## Study material

= = = =

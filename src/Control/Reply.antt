-- ===== src/Control/Reply.antt =====
-- src/discode/runner/control_api.py: `post_reply`, and `build_session_lookup` of
-- src/discode/runner/main.py. The redaction of the text and the class `\w` are arguments; the rate
-- limiter only delays.
use discode.Base.{
  Bool, List, Option, [], false, find, if◌then◌else◌, none, not, or_text, some, suc, true, ℕ, ◌&&◌,
  ◌==◌, ◌=?◌, ◌∷◌,
}
use discode.Data.{Database, Ident, Session, Slot, Text, Time, is_ready}
use discode.Config.{Settings, outbound_allowed}
use discode.Dispatcher.Message.{build_message}
use discode.Dispatcher.Claim.{Action, Effect, Outbound, send}
use discode.Dispatcher.Handlers.{others}
use discode.Control.Chunks.{Claim, checkpoint, chunk_slot, claim_chunk, release}

pub record ReplyBody : Type 0 where
  pub text : Text
  pub idempotency_key : Ident
  pub lifecycle_version : Option ℕ

-- how `send_message` ends: the message, DiscordPermanentError with its status, or another exception,
-- before or after Discord has posted
pub data DiscordAnswer : Type 0 where
  message : Ident → DiscordAnswer
  permanent : ℕ → DiscordAnswer
  failed unconfirmed : DiscordAnswer

-- what the sending of one chunk meets: the clock of its claim, its uuid4, what other processes do
-- before it looks the session up again and before its checkpoint, whether the output quota allows
-- it, and Discord's answer
pub record ChunkCourse : Type 0 where
  pub now : Time
  pub owner : Ident
  pub before : Database → Database
  pub after : Database → Database
  pub quota : Bool
  pub answer : DiscordAnswer

-- an HTTPException with its status, or another exception (500)
pub data Failure : Type 0 where
  refused : ℕ → Failure
  raised : Failure

-- 200 with the message ids, or a failure
pub data Response : Type 0 where
  ok : List Ident → Response
  failed : Failure → Response

pub data SendResult : Type 0 where
  sent_as : Ident → SendResult
  stopped : Failure → SendResult

abbrev is_at_host : Ident → Ident → Session → Bool
is_at_host host sid s = s.id == sid && s.host_id =? host

-- `WHERE id = :sid AND host_id = :host`
abbrev pub session_lookup : Ident → Ident → Database → Option Session
session_lookup host sid db = find (is_at_host host sid) db.sessions

-- the session takes replies, in the version that `post_reply` began with
abbrev pub is_still : Session → Option Session → Bool
is_still info none = false
is_still info (some s) = is_ready s.status && s.lifecycle_version == info.lifecycle_version

abbrev pub post_chunk : Session → Slot → Text → Effect
post_chunk info slot content = record {
  sent_for = some slot;
  action = Action.post (or_text info.thread_id 0) content (some slot.key);
}

abbrev pub after_answer : Effect → DiscordAnswer → Outbound → Outbound × SendResult
after_answer e (DiscordAnswer.message m) w = (send e w, SendResult.sent_as m)
after_answer e (DiscordAnswer.permanent status) w = (w, SendResult.stopped (Failure.refused 410))
after_answer e DiscordAnswer.failed w = (w, SendResult.stopped Failure.raised)
after_answer e DiscordAnswer.unconfirmed w = (send e w, SendResult.stopped Failure.raised)

unfoldable pub send_chunk :
    Settings
    → Ident
    → Ident
    → Session
    → Slot
    → Text
    → ChunkCourse
    → Outbound
    → Outbound × SendResult
send_chunk cfg host sid info slot content c w =
    let seen = others c.before w in
    if not (is_still info (session_lookup host sid seen.db))
    then (seen, SendResult.stopped (Failure.refused 409))
    else if not (outbound_allowed cfg)
    then (seen, SendResult.stopped Failure.raised)
    else if not c.quota
    then (seen, SendResult.stopped (Failure.refused 429))
    else after_answer (post_chunk info slot content) c.answer seen

-- the checkpoint, if there is a message, and the release in `finally`
abbrev pub settle_chunk : ChunkCourse → Slot → Outbound × SendResult → Outbound × SendResult
settle_chunk c slot (w, SendResult.sent_as m) = (
  record w { db = release c.owner slot (checkpoint c.owner slot m (c.after w.db)) },
  SendResult.sent_as m,
)
settle_chunk c slot (w, SendResult.stopped r) =
    (record w { db = release c.owner slot w.db }, SendResult.stopped r)

abbrev pub by_claim :
    ChunkCourse
    → Slot
    → (Outbound → Outbound × SendResult)
    → Outbound
    → Database × Claim
    → Outbound × SendResult
by_claim c slot sends w (db, Claim.checkpointed m) = (record w { db = db }, SendResult.sent_as m)
by_claim c slot sends w (db, Claim.in_progress) =
    (record w { db = db }, SendResult.stopped (Failure.refused 409))
by_claim c slot sends w (db, Claim.claimed) = settle_chunk c slot (sends (record w { db = db }))

unfoldable pub send_checkpointed :
    Ident
    → Slot
    → ChunkCourse
    → (Outbound → Outbound × SendResult)
    → Outbound
    → Outbound × SendResult
send_checkpointed sid slot c sends w =
    by_claim c slot sends w (claim_chunk c.now c.owner slot sid w.db)

abbrev pub add_message : Ident → Response → Response
add_message m (Response.ok ids) = Response.ok (m ∷ ids)
add_message m (Response.failed f) = Response.failed f

-- the rest of the loop, after one chunk
abbrev pub go_on : (Outbound → Outbound × Response) → Outbound × SendResult → Outbound × Response
go_on rest (w, SendResult.stopped f) = (w, Response.failed f)
go_on rest (w, SendResult.sent_as m) = ((rest w).0, add_message m (rest w).1)

-- the loop over the chunks, from chunk `idx`
unfoldable pub post_chunks :
    Settings
    → Ident
    → Ident
    → Session
    → Ident
    → (ℕ → ChunkCourse)
    → ℕ
    → List Text
    → Outbound
    → Outbound × Response
unfolding send_checkpointed send_chunk
post_chunks cfg host sid info ikey courses idx [] w = (w, Response.ok [])
post_chunks cfg host sid info ikey courses idx (content ∷ chunks) w =
    let slot = chunk_slot sid ikey idx in
    go_on (post_chunks cfg host sid info ikey courses (suc idx) chunks) (
      send_checkpointed sid slot (courses idx)
        (send_chunk cfg host sid info slot content (courses idx)) w)

-- `build_message(redacted_text) or [""]`
abbrev pub chunks_or_empty : Option (List Text) → List Text
chunks_or_empty none = []
chunks_or_empty (some []) = [] ∷ []
chunks_or_empty (some (x ∷ xs)) = x ∷ xs

abbrev pub has_version : Option ℕ → Session → Bool
has_version none s = true
has_version (some v) s = s.lifecycle_version == v

unfoldable pub post_reply :
    Settings
    → (ℕ → Bool)
    → (Text → Text)
    → Ident
    → Ident
    → ReplyBody
    → (ℕ → ChunkCourse)
    → Outbound
    → Outbound × Response
unfolding build_message
post_reply cfg is_word redact host sid body courses w = elim (session_lookup host sid w.db) [
  | none ↦ (w, Response.failed (Failure.refused 404))
  | some info ↦
      let posted =
        post_chunks cfg host sid info body.idempotency_key courses 0
          (chunks_or_empty (build_message is_word (redact body.text))) w in
      if not (is_ready info.status)
      then (w, Response.failed (Failure.refused 404))
      else if not (has_version body.lifecycle_version info)
      then (w, Response.failed (Failure.refused 409))
      else if not (outbound_allowed cfg)
      then (w, Response.failed (Failure.refused 503))
      else posted
]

= = = =

## Task objective
Across the whole listing above, tally each line where the string "content" occurs, and give the number and nothing more.

## Task output
6